Речка уходила в дебри ольшаника, в путаницу бузин и черемух, глубоко мерцая сквозь узлистые ветви и стволы мертвых ветел. Клоки сохлой травы и водорослей, выброшенных разливом, свисали с кустов, придавая берегу вид какого-то первозданного хаоса, и поваленная бурею, ободранная ель напоминала допотопное чудище, обглоданное дикими зверьми.
Незаметно для себя он выбрел к другой речке, более сильной и деятельной, чем сонная Талица. Извиваясь меж берегов, становящихся все глуше и обрывистей, взбыстренная крутым поворотом, она устремлялась вперед, к беспокойному проблеску неба. Мелкая сетка шелковистых струй, будто натянутых нетерпеньем, сверкала дрожаще.
Теченье влекло, просветы закатного неба ширились; за поворотом, за редеющими космами оврага, осыпанными черемуховым цветом, чудилась какая-то небывалая воля. И соловьи пели закатисто, исступленно и перелетали перед самым лицом, восторженно заманивая куда-то.
— Опять весна, опять молодость, — бормотал он. — Славно… Дома Настенька пачкает чернилами пальчики. И Сонечка играет, сутулит плечи детские… Господь да хранит вас, милые мои!

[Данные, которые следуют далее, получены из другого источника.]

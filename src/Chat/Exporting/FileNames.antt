-- ===== src/Chat/Exporting/FileNames.antt =====
-- The file names of the export.
use mathlib.Core.List.{reverse, reverse-append}
use gx_notion2api.Prelude.{
  ℕ, zero, suc, ◌≤◌, ◌≡◌, refl, sym, subst, Bool, true, false, some, List, [], ◌∷◌, Text, txt,
  if◌then◌else◌, or_text, take, trim, trim_start, is_space, length, All, All-append, arith,
  Bool-cases, inl, inr,
}
use gx_notion2api.Chat.Exporting.{is_forbidden, replace_forbidden, collapse_spaces, safe_file_name}

module _ {ℓ κ} {A : Type ℓ} (P : A → Type κ) where
  All-reverse : (xs : List A) → All P xs → All P (reverse xs)
  All-reverse [] h = tt
  All-reverse (x ∷ xs) (p, h) =
      subst (All P) (sym (reverse-append (x ∷ []) xs))
        (All-append P (reverse xs) (x ∷ []) (All-reverse xs h) (p, tt))

  All-take : (n : ℕ) (xs : List A) → All P xs → All P (take n xs)
  All-take zero xs h = tt
  All-take (suc n) [] h = tt
  All-take (suc n) (x ∷ xs) (p, h) = (p, All-take n xs h)

length-take-le {ℓ} : {A : Type ℓ} (n : ℕ) (xs : List A) → length (take n xs) ≤ n
length-take-le zero xs = omega arith
length-take-le (suc n) [] = omega arith
length-take-le (suc n) (x ∷ xs) = omega (arith, length-take-le n xs)

-- The code unit may stand in a file name.
abbrev pub IsAllowed : ℕ → Type 0
IsAllowed c = is_forbidden c ≡ false

space_allowed : is_forbidden 32 ≡ false
unfolding is_forbidden
space_allowed = refl

trim_start-IsAllowed : (t : Text) → All IsAllowed t → All IsAllowed (trim_start t)
unfolding trim_start
trim_start-IsAllowed [] h = tt
trim_start-IsAllowed (c ∷ t) (p, h) = elim (Bool-cases (is_space c)) [
  | inl space ↦ rw space (trim_start-IsAllowed t h)
  | inr other ↦ rw other (p, h)
]

trim-IsAllowed : (t : Text) → All IsAllowed t → All IsAllowed (trim t)
unfolding trim
trim-IsAllowed t h = All-reverse IsAllowed (trim_start (reverse (trim_start t))) (
    trim_start-IsAllowed (reverse (trim_start t))
      (All-reverse IsAllowed (trim_start t) (trim_start-IsAllowed t h)))

replace_forbidden-IsAllowed : (t : Text) → All IsAllowed (replace_forbidden t)
unfolding replace_forbidden
replace_forbidden-IsAllowed [] = tt
replace_forbidden-IsAllowed (c ∷ t) = elim (Bool-cases (is_forbidden c)) [
  | inl bad ↦ rw bad (space_allowed, replace_forbidden-IsAllowed t)
  | inr good ↦ rw good (good, replace_forbidden-IsAllowed t)
]

kept_space :
    (inside : Bool) (rest : Text)
    → All IsAllowed rest
    → All IsAllowed (if inside then rest else 32 ∷ rest)
kept_space true rest h = h
kept_space false rest h = (space_allowed, h)

collapse_spaces-IsAllowed :
    (inside : Bool) (t : Text) → All IsAllowed t → All IsAllowed (collapse_spaces inside t)
unfolding collapse_spaces
collapse_spaces-IsAllowed inside [] h = tt
collapse_spaces-IsAllowed inside (c ∷ t) (p, h) = elim (Bool-cases (is_space c)) [
  | inl space ↦
      rw space (kept_space inside (collapse_spaces true t) (collapse_spaces-IsAllowed true t h))
  | inr other ↦ rw other (p, collapse_spaces-IsAllowed false t h)
]

abbrev IsName : Text → Type 0
IsName t = (1 ≤ length t) × All IsAllowed t

default_name : IsName (txt "conversation")
unfolding is_forbidden
default_name = (
  omega arith,
  (
    refl,
    (refl, (refl, (refl, (refl, (refl, (refl, (refl, (refl, (refl, (refl, (refl, tt))))))))))),
  ),
)

named : (t : Text) → All IsAllowed t → IsName (or_text (some t) (txt "conversation"))
unfolding or_text
named [] h = default_name
named (c ∷ t) h = (omega arith, h)

take_given : (t : Text) → 1 ≤ length t → 1 ≤ length (take 80 t)
take_given [] h = h
take_given (c ∷ t) h = omega arith

-- The file name of an export, before its extension, is never empty, has at most 80 code units, and none of them is a mark that
-- file systems forbid or a control character, whatever the title is.
pub safe_file_name_lem :
    (name : Text)
    → (1 ≤ length (safe_file_name name))
      × (length (safe_file_name name) ≤ 80)
      × All (λ c. is_forbidden c ≡ false) (safe_file_name name)
unfolding safe_file_name
safe_file_name_lem name =
    let cleaned = trim (collapse_spaces false (replace_forbidden name)) in
    let (given, allowed) =
      named cleaned
        (trim-IsAllowed _ (collapse_spaces-IsAllowed false _ (replace_forbidden-IsAllowed name))) in
    (
      take_given _ given,
      length-take-le 80 (or_text (some cleaned) (txt "conversation")),
      All-take IsAllowed 80 (or_text (some cleaned) (txt "conversation")) allowed,
    )
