-- ===== src/Types/Usage.antt =====
-- Usage reports of frontend/lib/services/admin/types.ts. Counters and instants are natural numbers.
use gx_notion2api.Prelude.{ℕ, Bool, Option, List, Text}

pub record AiUsageRateLimitWindow : Type 0 where
  pub resets_at_ms : Option ℕ
  pub label : Option Text
  pub credit_type : Option Text
  pub scope : Option Text
  pub cadence : Option Text
  pub used : ℕ
  pub limit : ℕ
  pub period_end_ms : Option ℕ

pub record AiUsageRateLimit : Type 0 where
  pub status : Option Text
  pub short : Option AiUsageRateLimitWindow
  pub long : Option AiUsageRateLimitWindow

pub record AiUsage : Type 0 where
  pub is_eligible : Bool
  pub is_eligible_known : Bool
  pub type : Option Text
  pub quota_enforced : Bool
  pub basic_usage_known : Option Bool
  pub basic_limits_known : Option Bool
  pub space_usage : ℕ
  pub space_limit : ℕ
  pub user_usage : ℕ
  pub user_limit : ℕ
  pub current_period_usage_known : Option Bool
  pub current_period_space_usage : Option ℕ
  pub current_period_user_usage : Option ℕ
  pub promotional_usage_known : Option Bool
  pub promotional_usage : Option ℕ
  pub promotional_limit_known : Option Bool
  pub promotional_limit : Option ℕ
  pub premium_credit_known : Option Bool
  pub premium_credit_balance : Option ℕ
  pub credits_in_overage : Option ℕ
  pub overage_limit : Option ℕ
  pub premium_service_period_start_ms : Option ℕ
  pub rate_limit : Option AiUsageRateLimit

pub record AiUsageReport : Type 0 where
  pub email : Text
  pub space_id : Option Text
  pub workspace_name : Option Text
  pub status : Text
  pub detail : Option Text
  pub cached : Bool
  pub fetched_at : Option Text
  pub usage : Option AiUsage

pub record AiUsagePayload : Type 0 where
  pub accounts : List AiUsageReport
  pub ttl_seconds : ℕ

pub record WorkspaceAiUsagePayload : Type 0 where
  pub report : AiUsageReport
  pub ttl_seconds : ℕ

Малахитовые водоросли, подхватываемые сильной струей, опрятно устилали дно. У берега они лохматились ярко, бахромисто, как рукав пляшущей цыганки. Он засмеялся речке и свернул на тропу, карабкающуюся вверх.
Здесь было суше и светлей. Ветерок дохнул памятно, томительно.
— Яблоня зацвела! — догадался он и тотчас отыскал взглядом деревце, обвешанное розоватой кружевиной. — Здравствуй; прелестная дикарка.
Тропинка влилась в просеку, идущую вверх и постепенно расширяющуюся. Ровность ската становилась все приметнее: видно было, что это — нарочитая терраса некогда правильного парка. Налитое закатом небо перевернутой округлой чашей висело над купою лип. Впереди, на гребне второй террасы, полукруг прерывался, впуская голубоватое здание с колоннами цвета лежалой кости. Какая-то усталость чудилась в этой замкнутости дерев, старого дома и неба, очеркнутого скобою спутавшихся крон и озлащенного засыпающим солнцем.
Он обогнул дом по дорожке, выложенной белым камнем. Плиты, обведенные травяною каемкой, широко отзывались под шагами, словно пустыня расстилалась окрест.
Портик, венчаемый балконом с фигурными балясинами, как бы отражался полуовалом заглохшей клумбы, в средине которой чернела лиственница с обломленной маковкой. Окна были плотно занавешены; лишь в нижнем этаже одно — итальянский трельяж, поделенный четырьмя лепными колонками, — целилось узкой щелкою.
Он вспомнил рассказ тестя о чудаке, разорившемся с полвека тому на архитектурных затеях, одержимо мечтавшем о визите императрицы и светлейшего Потемкина… Никого он не заманил — даже немногие соседи не наведывались сюда, стесняясь собственной необразованности и печальной надменности странного барина. Он умер здесь, одинокий и озлобленный на целый мир, добровольно замкнувшись в глухом имении, в ненужно просторном доме, полном твореньями лучших художников Франции и Италии.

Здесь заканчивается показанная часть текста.